• Assignment: Below are the entries; return every line among them that holds the word "free".

• Given records:
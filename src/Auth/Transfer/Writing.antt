-- ===== src/Auth/Transfer/Writing.antt =====
-- `write_all`: what the peer has been sent when it returns.
use mathlib.Core.List.{append_assoc, append-nil}
use st5039cmd.Base.{
  ℕ, zero, suc, ◌+◌, ◌≤◌, ◌≡◌, ◌≢◌, ◌⊎◌, inl, inr, refl, sym, ap, ◌∙◌, true, false, List, [], ◌∷◌,
  ◌++◌, length, take, drop, take-append-drop, length-drop, arith, subst, All, Bool-cases,
}
use st5039cmd.Auth.Transfer.{
  WriteAnswer, written, write_interrupted, write_failed, Turn, Outcome, complete, aborted,
  write_from, write_all,
}

abbrev pub count_of : WriteAnswer → ℕ
count_of (written k) = k
count_of write_interrupted = 0
count_of write_failed = 0

unfoldable pub accepted : List (Turn WriteAnswer) → ℕ
accepted [] = 0
accepted (t ∷ turns) = count_of t.answer + accepted turns

-- What the peer has is a first part of the data, and all of it when 0 is returned.
abbrev pub Delivers : List ℕ → Outcome × List ℕ → Type 0
Delivers whole (outcome, sent) =
    (rest : List ℕ) × (sent ++ rest ≡ whole) × (outcome ≡ complete → rest ≡ [])

write_from-turn :
    (sent : List ℕ) (b : ℕ) (bs : List ℕ) (t : Turn WriteAnswer) (turns : List (Turn WriteAnswer))
    (a : WriteAnswer)
    → t.answer ≡ a
    → t.stop_before ≡ false
    → (t.stop_after ≡ true) ⊎ (t.stop_after ≡ false)
    → (write_from sent (b ∷ bs) (t ∷ turns) ≡ (aborted, sent))
      ⊎ (write_from sent (b ∷ bs) (t ∷ turns)
          ≡ write_from (sent ++ take (count_of a) (b ∷ bs)) (drop (count_of a) (b ∷ bs)) turns)
unfolding write_from
write_from-turn sent b bs t turns (written zero) e free after = inl (rw (free, e, write_from))
write_from-turn sent b bs t turns (written (suc k)) e free after = inr (rw (free, e, write_from))
write_from-turn sent b bs t turns write_interrupted e free (inl stop) =
    inl (rw (free, e, stop, write_from))
write_from-turn sent b bs t turns write_interrupted e free (inr on) =
    inr
      (rw (free, e, on, write_from) (ap (λ g. write_from g (b ∷ bs) turns) (sym (append-nil sent))))
write_from-turn sent b bs t turns write_failed e free after = inl (rw (free, e, write_from))

write_from-stopped :
    (sent : List ℕ) (b : ℕ) (bs : List ℕ) (t : Turn WriteAnswer) (turns : List (Turn WriteAnswer))
    → t.stop_before ≡ true
    → write_from sent (b ∷ bs) (t ∷ turns) ≡ (aborted, sent)
unfolding write_from
write_from-stopped sent b bs t turns stop = rw (stop, write_from)

Delivers-aborted : (sent rest : List ℕ) → Delivers (sent ++ rest) (aborted, sent)
Delivers-aborted sent rest = (rest, refl, λ e. cc)

write_from-Delivers :
    (sent left : List ℕ) (turns : List (Turn WriteAnswer))
    → Delivers (sent ++ left) (write_from sent left turns)
write_from-Delivers sent [] turns = unfold write_from in ([], refl, λ e. refl)
write_from-Delivers sent (b ∷ bs) [] = unfold write_from in (b ∷ bs, refl, λ e. cc)
write_from-Delivers sent (b ∷ bs) (t ∷ turns) =
    let k = count_of t.answer in
    elim (Bool-cases t.stop_before) [
      | inl stop ↦ rw (write_from-stopped sent b bs t turns stop) (Delivers-aborted sent (b ∷ bs))
      | inr free ↦
          elim (write_from-turn sent b bs t turns t.answer refl free (Bool-cases t.stop_after)) [
            | inl over ↦ rw over (Delivers-aborted sent (b ∷ bs))
            | inr moved ↦
                let ih = write_from-Delivers (sent ++ take k (b ∷ bs)) (drop k (b ∷ bs)) turns in
                let whole : (sent ++ take k (b ∷ bs)) ++ drop k (b ∷ bs) ≡ sent ++ b ∷ bs =
                  append_assoc sent (take k (b ∷ bs)) (drop k (b ∷ bs))
                  ∙ ap (λ l. sent ++ l) (take-append-drop k (b ∷ bs)) in
                rw moved (
                  subst
                    (λ w. Delivers w (write_from (sent ++ take k (b ∷ bs)) (drop k (b ∷ bs)) turns))
                    whole ih)
          ]
    ]

-- Whatever the signals and errors, the peer has been sent a first part of the buffer, with nothing
-- repeated, skipped or reordered; and the whole buffer if 0 was returned.
pub write_all-Delivers :
    (buffer : List ℕ) (turns : List (Turn WriteAnswer)) → Delivers buffer (write_all buffer turns)
unfolding write_all
write_all-Delivers buffer turns = write_from-Delivers [] buffer turns

abbrev pub IsCalmWrite : Turn WriteAnswer → Type 0
IsCalmWrite t =
    (t.stop_before ≡ false)
    × (t.stop_after ≡ false)
    × (t.answer ≢ write_failed)
    × (t.answer ≢ written 0)

write_from-calm :
    (sent : List ℕ) (b : ℕ) (bs : List ℕ) (t : Turn WriteAnswer) (turns : List (Turn WriteAnswer))
    (a : WriteAnswer)
    → t.answer ≡ a
    → IsCalmWrite t
    → write_from sent (b ∷ bs) (t ∷ turns)
      ≡ write_from (sent ++ take (count_of a) (b ∷ bs)) (drop (count_of a) (b ∷ bs)) turns
unfolding write_from
write_from-calm sent b bs t turns (written zero) e c = absurd (c.3 e)
write_from-calm sent b bs t turns (written (suc k)) e c = rw (c.0, e, write_from)
write_from-calm sent b bs t turns write_interrupted e c =
    rw (c.0, e, c.1, write_from) (ap (λ g. write_from g (b ∷ bs) turns) (sym (append-nil sent)))
write_from-calm sent b bs t turns write_failed e c = absurd (c.2 e)

write_from-returns :
    (sent left : List ℕ) (turns : List (Turn WriteAnswer))
    → All IsCalmWrite turns
    → length left ≤ accepted turns
    → (write_from sent left turns).0 ≡ complete
unfolding accepted
write_from-returns sent [] turns c enough = unfold write_from in refl
write_from-returns sent (b ∷ bs) [] c enough = absurd (omega arith)
write_from-returns sent (b ∷ bs) (t ∷ turns) c enough =
    let k = count_of t.answer in
    rw (write_from-calm sent b bs t turns t.answer refl c.0) (
      write_from-returns (sent ++ take k (b ∷ bs)) (drop k (b ∷ bs)) turns c.1
        (omega (arith, length-drop k (b ∷ bs))))

-- On a calm kernel that takes enough bytes the call returns 0.
pub write_all_returns :
    (buffer : List ℕ) (turns : List (Turn WriteAnswer))
    → All IsCalmWrite turns
    → length buffer ≤ accepted turns
    → (write_all buffer turns).0 ≡ complete
unfolding write_all
write_all_returns buffer turns c enough = write_from-returns [] buffer turns c enough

• Reply to the task:
write_from-turn sent b bs t turns (written zero) e free after = inl (rw (free, e, write_from))
write_from-turn sent b bs t turns (written (suc k)) e free after = inr (rw (free, e, write_from))
write_from-turn sent b bs t turns write_interrupted e free (inl stop) =
    inl (rw (free, e, stop, write_from))
write_from-turn sent b bs t turns write_interrupted e free (inr on) =
      (rw (free, e, on, write_from) (ap (λ g. write_from g (b ∷ bs) turns) (sym (append-nil sent))))
write_from-turn sent b bs t turns write_failed e free after = inl (rw (free, e, write_from))
      | inr free ↦
          elim (write_from-turn sent b bs t turns t.answer refl free (Bool-cases t.stop_after)) [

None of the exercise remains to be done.